Poston used state estimates prepared by the Immigration and Naturalization Service, which indicated that nearly 7 million illegal aliens were counted in the 2000 Census. The illegal alien population, which Poston said is heavily concentrated in just three states - California, Florida and New York - resulted in the creation of at least one new Democrat-dominated congressional district and at the expense of the Republican Party.
The report did not pinpoint a particular district that Democrats, traditionally the favorite party of illegal aliens, seized from Republicans. Rather, the combination effect of the illegal population in America produced the GOP loss of at least one seat, according to the report.
"Illegal immigration also has a significant effect on presidential elections because the Electoral College is based on the size of congressional delegations," the CIS study indicated.
'Voter Erosion' of Citizens
According to the report, many low-immigration states that might seem unaffected by immigration experience "significant voter erosion" of their political influence in Washington.
"Taking away representation from states composed almost entirely of U.S. citizens so that new districts can be created in states with large numbers of non-citizens makes immigrant-induced reapportionment very different from reapportionment caused when natives relocate to other states," Camorata pointed out.

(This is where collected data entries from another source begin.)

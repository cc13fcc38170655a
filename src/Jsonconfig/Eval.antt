-- ===== src/Jsonconfig/Eval.antt =====
-- jsonconfig/eval.go: ConfigParser, with the expressions _env and _fileobj. Decoding, the file
-- system, the environment, the regular expression and registered functions are parameters. A Go
-- map is walked in any order; here it is the order of the list of its fields.
pub mod Files
pub mod Env
use go.Common.{
  ℕ, suc, ◌+◌, Bool, not, ◌&&◌, ◌||◌, ltb, if◌then◌else◌, List, [], ◌∷◌, ◌++◌, Option, none, some,
  length,
}
use go.Jsonconfig.{Value, boolean, text, Items, no_items, item, same_key}
use go.Jsonconfig.Validate.{has_underscore}

pub data EvalErr : Type 0 where
  no_absolute_path include_cycle cannot_open bad_json : (path : List ℕ) → EvalErr
  empty_path not_exist env_not_string env_bad_default bad_boolean : EvalErr
  env_args file_args : (got : ℕ) → EvalErr
  env_unset : (name : List ℕ) → EvalErr
  registered_err : ℕ → EvalErr
  included_from : (path : List ℕ) → EvalErr → EvalErr
  value_error : (path : List (List ℕ)) → EvalErr → EvalErr
  in_file : (path : List ℕ) → EvalErr → EvalErr

-- touchedFiles, none for a nil map, and includeStack, its last element first.
pub record Parser : Type 0 where
  pub touched_files : Option (List (List ℕ))
  pub include_stack : List (List ℕ)

-- What a method gives; stuck is a lack of fuel.
pub data Result (A : Type 0) : Type 0 where
  done : A → Parser → Result A
  failed : EvalErr → Parser → Result A
  panics : Result A
  stuck : Result A

abbrev pub bind : {A B : Type 0} → Result A → (A → Parser → Result B) → Result B
bind (done a p) f = f a p
bind (failed e p) f = failed e p
bind panics f = panics
bind stuck f = stuck

abbrev pub wrap : {A : Type 0} → (EvalErr → EvalErr) → Result A → Result A
wrap f (done a p) = done a p
wrap f (failed e p) = failed (f e) p
wrap f panics = panics
wrap f stuck = stuck

-- The pieces of a string: text, and ${name} for a match of envPattern.
pub data Piece : Type 0 where
  plain : List ℕ → Piece
  variable : List ℕ → Piece

abbrev pub count : Items → ℕ
count no_items = 0
count (item v rest) = suc (count rest)

-- An expander: expanderFunc on its arguments.
abbrev pub Expander : Type 0
Expander = Items → Parser → Result Value

-- What a string expands to, and the last error.
pub record Expanded : Type 0 where
  pub value : List ℕ
  pub unset : Option (List ℕ)

module _ (getenv : List ℕ → List ℕ) (is_windows : Bool) (find_variables : List ℕ → List Piece)
    (parse_bool : List ℕ → Option Bool) where
  -- "USER" and "USERNAME".
  abbrev pub env_value : List ℕ → List ℕ
  env_value name =
      if same_key (getenv name) [] && (same_key name (85 ∷ 83 ∷ 69 ∷ 82 ∷ []) && is_windows)
      then getenv (85 ∷ 83 ∷ 69 ∷ 82 ∷ 78 ∷ 65 ∷ 77 ∷ 69 ∷ [])
      else getenv name

  abbrev pub or_later : List ℕ → Option (List ℕ) → Option (List ℕ)
  or_later name none = some name
  or_later name (some later) = some later

  abbrev pub one_variable : Option (List ℕ) → List ℕ → List ℕ → Expanded → Expanded
  one_variable (some d) name [] rest = record { value = d ++ rest.value; unset = rest.unset }
  one_variable none name [] rest = record { value = rest.value; unset = or_later name (rest.unset) }
  one_variable default name (b ∷ val) rest = record {
    value = b ∷ val ++ rest.value;
    unset = rest.unset;
  }

  unfoldable pub replace_all : Option (List ℕ) → List Piece → Expanded
  replace_all default [] = record { value = []; unset = none }
  replace_all default (plain s ∷ pieces) =
      let rest = replace_all default pieces in
      record { value = s ++ rest.value; unset = rest.unset }
  replace_all default (variable name ∷ pieces) =
      one_variable default name (env_value name) (replace_all default pieces)

  abbrev pub env_result : Option (List ℕ) → List ℕ → Parser → Result Value
  env_result none value p = done (text value) p
  env_result (some name) value p = failed (env_unset name) p

  abbrev pub parsed : Option Bool → Parser → Result Value
  parsed none p = failed bad_boolean p
  parsed (some b) p = done (boolean b) p

  -- A Boolean default is for an empty string.
  abbrev pub boolean_or : Bool → List ℕ → Parser → Result Value
  boolean_or b [] p = done (boolean b) p
  boolean_or b (c ∷ s) p = parsed (parse_bool (c ∷ s)) p

  unfoldable pub expand_env : Expander
  unfolding replace_all
  expand_env (item (text s) no_items) p =
      let expanded = replace_all none (find_variables s) in
      env_result (expanded.unset) (expanded.value) p
  expand_env (item (text s) (item (text def) no_items)) p =
      let expanded = replace_all (some def) (find_variables s) in
      env_result (expanded.unset) (expanded.value) p
  expand_env (item (text s) (item (boolean b) no_items)) p =
      boolean_or b ((replace_all (some []) (find_variables s)).value) p
  expand_env (item (text s) (item v no_items)) p = failed env_bad_default p
  expand_env (item v no_items) p = failed env_not_string p
  expand_env (item v (item w no_items)) p = failed env_not_string p
  expand_env args p = failed (env_args (count args)) p

-- RegisterFunc on regFunc, where none is a panic.
abbrev pub registered_as : {F : Type 0} → List (List ℕ × F) → List ℕ → Option F
registered_as [] name = none
registered_as ((n, f) ∷ table) name =
    let later = registered_as table name in if same_key n name then some f else later

abbrev pub without_dup :
    {F : Type 0} → List (List ℕ × F) → List ℕ → F → Option F → Option (List (List ℕ × F))
without_dup table name f none = some ((name, f) ∷ table)
without_dup table name f (some g) = none

unfoldable pub register_func :
    {F : Type 0} → List (List ℕ × F) → List ℕ → F → Option (List (List ℕ × F))
register_func table name f =
    if ltb (length name) 2 || not (has_underscore name)
    then none
    else without_dup table name f (registered_as table name)
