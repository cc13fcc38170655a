-- ===== src/Jsonconfig/Eval/Files.antt =====
-- jsonconfig/eval.go: evaluating the expressions of a configuration, and reading the files that it
-- includes.
pub mod Ends
pub mod Forms
pub mod Evaluated
pub mod Reads
use go.Common.{
  ℕ, zero, suc, ◌+◌, Bool, true, false, not, ◌&&◌, List, [], ◌∷◌, ◌++◌, Option, none, some,
  if◌then◌else◌,
}
use go.Jsonconfig.{
  Value, null, boolean, number, text, items, object, Items, no_items, item, Fields, no_fields,
  field_of, same_key,
}
use go.Jsonconfig.Validate.{contains}
use go.Jsonconfig.Eval.{
  EvalErr, no_absolute_path, include_cycle, cannot_open, bad_json, empty_path, not_exist, file_args,
  included_from, value_error, in_file, Parser, Result, done, failed, panics, stuck, bind, wrap,
  count, Expander,
}

abbrev pub run_or : Option Expander → Items → Parser → Result Value → Result Value
run_or none args p otherwise = otherwise
run_or (some expander) args p otherwise = expander args p

abbrev pub as_items : Items → Parser → Result Value
as_items xs p = done (items xs) p

-- evalValue, with namedExpander as a parameter. A list without a first element panics.
module _ (expander : List ℕ → Option Expander) where
  unfoldable mutual
    pub eval_value : Value → Parser → Result Value
    eval_value null p = done null p
    eval_value (boolean b) p = done (boolean b) p
    eval_value (number n) p = done (number n) p
    eval_value (text s) p = done (text s) p
    eval_value (object m) p = done (object m) p
    eval_value (items xs) p = eval_list xs p

    pub eval_list : Items → Parser → Result Value
    eval_list no_items p = panics
    eval_list (item (text name) rest) p =
        run_or (expander name) rest p
          (bind (eval_items rest p) (λ evaled q. as_items (item (text name) evaled) q))
    eval_list (item null rest) p =
        bind (eval_items rest p) (λ evaled q. as_items (item null evaled) q)
    eval_list (item (boolean b) rest) p =
        bind (eval_items rest p) (λ evaled q. as_items (item (boolean b) evaled) q)
    eval_list (item (number n) rest) p =
        bind (eval_items rest p) (λ evaled q. as_items (item (number n) evaled) q)
    eval_list (item (object m) rest) p =
        bind (eval_items rest p) (λ evaled q. as_items (item (object m) evaled) q)
    eval_list (item (items xs) rest) p =
        bind (eval_list xs p)
          (λ v q. bind (eval_items rest q) (λ evaled t. as_items (item v evaled) t))

    -- The loop over the elements.
    pub eval_items : Items → Parser → Result Items
    eval_items no_items p = done no_items p
    eval_items (item v rest) p =
        bind (eval_value v p) (λ w q. bind (eval_items rest q) (λ evaled t. done (item w evaled) t))

  -- What the map has under the key afterwards: with testOnly the list itself, whose elements
  -- evalValue has replaced unless it is an expression.
  abbrev pub is_some : Option Expander → Bool
  is_some none = false
  is_some (some f) = true

  abbrev pub is_expression : Items → Bool
  is_expression (item (text name) rest) = is_some (expander name)
  is_expression xs = false

  abbrev pub stored : Bool → Items → Value → Value
  stored test_only xs v = if test_only && is_expression xs then items xs else v

  unfoldable mutual
    unfolding eval_value

    pub evaluate_expressions : Bool → List (List ℕ) → Fields → Parser → Result Fields
    evaluate_expressions test_only seen no_fields p = done no_fields p
    evaluate_expressions test_only seen (field_of k v rest) p =
        bind (evaluate_field test_only (seen ++ (k ∷ [])) v p) (λ w q.
          bind (evaluate_expressions test_only seen rest q) (λ fs t. done (field_of k w fs) t))

    pub evaluate_field : Bool → List (List ℕ) → Value → Parser → Result Value
    evaluate_field test_only path null p = done null p
    evaluate_field test_only path (boolean b) p = done (boolean b) p
    evaluate_field test_only path (number n) p = done (number n) p
    evaluate_field test_only path (text s) p = done (text s) p
    evaluate_field test_only path (items no_items) p = done (items no_items) p
    evaluate_field test_only path (items (item v rest)) p =
        bind (wrap (value_error path) (eval_list (item v rest) p))
          (λ w q. done (stored test_only (item v rest) w) q)
    evaluate_field test_only path (object m) p =
        bind (evaluate_expressions test_only path m p) (λ fs q. done (object fs) q)

-- os.Stat succeeds, filepath.IsAbs and filepath.Join.
module _ (exists : List ℕ → Bool) (is_abs : List ℕ → Bool)
    (path_join : List ℕ → List ℕ → List ℕ) where
  unfoldable pub in_include_dirs : List (List ℕ) → List ℕ → Option (List ℕ)
  in_include_dirs [] file = none
  in_include_dirs (d ∷ dirs) file =
      let later = in_include_dirs dirs file in
      if exists (path_join d file) then some (path_join d file) else later

  unfoldable pub config_file_path : List (List ℕ) → List ℕ → Option (List ℕ)
  unfolding in_include_dirs
  config_file_path dirs file =
      if exists file then some file else if is_abs file then none else in_include_dirs dirs file

-- c.includeStack.Last() for the text of the error panics on an empty stack.
abbrev pub included_at : List (List ℕ) → EvalErr → Parser → Result Value
included_at [] e p = panics
included_at (path ∷ stack) e p = failed (included_from path e) p

abbrev pub included : Result Fields → Result Value
included (done m p) = done (object m) p
included panics = panics
included stuck = stuck
included (failed e p) = included_at (p.include_stack) e p

-- expandFile, where find is ConfigFilePath and read is recursiveReadJSON.
module _ (find : List ℕ → Option (List ℕ)) (read : List ℕ → Parser → Result Fields) where
  abbrev pub expand_path : Option (List ℕ) → Parser → Result Value
  expand_path none p = failed not_exist p
  expand_path (some path) p = included (read path p)

  unfoldable pub expand_file : Expander
  expand_file (item (text file) no_items) p = expand_path (find file) p
  expand_file (item v no_items) p = panics
  expand_file args p = failed (file_args (count args)) p

-- touchedFiles[path] = true panics where the map is nil.
abbrev pub touch_in : Option (List (List ℕ)) → List ℕ → Parser → Option Parser
touch_in none path p = none
touch_in (some touched) path p =
    some record { touched_files = some (path ∷ touched); include_stack = path ∷ p.include_stack }

abbrev pub touches : Option (List (List ℕ)) → List ℕ → Bool
touches none path = false
touches (some touched) path = contains touched path

-- The deferred Pop.
abbrev pub tail_of : List (List ℕ) → List (List ℕ)
tail_of [] = []
tail_of (path ∷ stack) = stack

abbrev pub popped : Parser → Parser
popped p = record { touched_files = p.touched_files; include_stack = tail_of (p.include_stack) }

abbrev pub with_pop : Result Fields → Result Fields
with_pop (done a p) = done a (popped p)
with_pop (failed e p) = failed e (popped p)
with_pop panics = panics
with_pop stuck = stuck

-- "_env" and "_fileobj".
abbrev pub env_name : List ℕ
env_name = 95 ∷ 101 ∷ 110 ∷ 118 ∷ []

abbrev pub fileobj_name : List ℕ
fileobj_name = 95 ∷ 102 ∷ 105 ∷ 108 ∷ 101 ∷ 111 ∷ 98 ∷ 106 ∷ []

-- What reading uses from outside: filepath.Abs, c.open and the JSON decoder, the expander of _env,
-- ConfigFilePath and the functions that are registered.
module _ {File : Type 0} (abs : List ℕ → Option (List ℕ)) (open_file : List ℕ → Option File)
    (decode : File → Option Fields) (expand_env_with : Expander) (find : List ℕ → Option (List ℕ))
    (registered : List ℕ → Option Expander) where
  unfoldable pub named_expander : (List ℕ → Parser → Result Fields) → List ℕ → Option Expander
  unfolding expand_file
  named_expander read name =
      if same_key name env_name
      then some expand_env_with
      else if same_key name fileobj_name
      then some (expand_file find read)
      else registered name

  unfoldable pub read_decoded :
      (List ℕ → Parser → Result Fields) → List ℕ → Option Fields → Parser → Result Fields
  unfolding evaluate_expressions named_expander
  read_decoded read path none p = failed (bad_json path) p
  read_decoded read path (some m) p =
      wrap (in_file path) (evaluate_expressions (named_expander read) false [] m p)

  unfoldable pub read_opened :
      (List ℕ → Parser → Result Fields) → List ℕ → Option File → Parser → Result Fields
  unfolding read_decoded
  read_opened read path none p = failed (cannot_open path) p
  read_opened read path (some f) p = read_decoded read path (decode f) p

  unfoldable pub read_touched :
      (List ℕ → Parser → Result Fields) → List ℕ → Option Parser → Result Fields
  unfolding read_opened
  read_touched read path none = panics
  read_touched read path (some p) = with_pop (read_opened read path (open_file path) p)

  unfoldable pub read_absolute :
      (List ℕ → Parser → Result Fields) → List ℕ → Option (List ℕ) → Parser → Result Fields
  unfolding read_touched
  read_absolute read path none p = failed (no_absolute_path path) p
  read_absolute read path (some a) p =
      if touches (p.touched_files) a
      then failed (include_cycle a) p
      else read_touched read path (touch_in (p.touched_files) a p)

  -- One level of recursiveReadJSON.
  unfoldable pub read_json : (List ℕ → Parser → Result Fields) → List ℕ → Parser → Result Fields
  unfolding read_absolute
  read_json read [] p = read_opened read [] (open_file []) p
  read_json read (b ∷ path) p = read_absolute read (b ∷ path) (abs (b ∷ path)) p

  -- The fuel is the depth of the includes.
  unfoldable pub recursive_read_json : ℕ → List ℕ → Parser → Result Fields
  unfolding read_json
  recursive_read_json zero path p = stuck
  recursive_read_json (suc fuel) path p = read_json (λ q s. recursive_read_json fuel q s) path p

  -- ReadFile, with whether the Open hook is set.
  unfoldable pub read_file : ℕ → Bool → List ℕ → Parser → Result Fields
  unfolding recursive_read_json
  read_file fuel has_hook path p =
      if same_key path [] && not has_hook
      then failed empty_path p
      else recursive_read_json fuel path
          record { touched_files = some []; include_stack = p.include_stack }

  -- CheckTypes.
  unfoldable pub check_types : ℕ → Fields → Parser → Result Fields
  unfolding recursive_read_json evaluate_expressions named_expander
  check_types fuel m p =
      evaluate_expressions (named_expander (recursive_read_json fuel)) true [] m p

Of the nine states that lost a seat in 2000, only one in 50 residents is a non-citizen, the report revealed. By contrast, one out of every seven California residents is a non-citizen and six of the nine seats redistributed due to non-citizens went to California.
These findings, Poston suggested, might spur a movement among the public and lawmakers to revise the method of census taking.
"The exclusion of illegal immigrants may well be the scenario most likely to gain popular support and spark a legal challenge," Poston said.
The report noted that the Supreme Court has never addressed the substantive legal arguments surrounding the exclusion of illegal aliens in the census. The Federation of Americans for Immigration Reform (FAIR) filed two lawsuits challenging the Census Bureau's methodology of counting illegal aliens, but both suits were dismissed. In the latter suit, plaintiffs included 40 members of Congress and the commonwealth of Pennsylvania.
"Trying to deal with this problem by excluding non-citizens, illegal or legal, would be very difficult politically and is probably impossible as a practical matter," Camorata concluded.
According to Noah Pickus, the director of North Carolina's Institute for Emerging Issues and a participant in Thursday's panel discussion, the findings lend credence to the notion that states have a "perverse" incentive to attract larger populations of illegal aliens, which "undermines the very notion" of the representative republic on which the country was founded.
"The country faces a choice: Either continue to have record amounts of illegal immigration and therefore continue to redistribute seats away from states comprised mostly of American citizens to states with large numbers of illegal and legal immigrants, or better enforce immigration laws so as to reduce if not eliminate illegal immigration," Camorata said.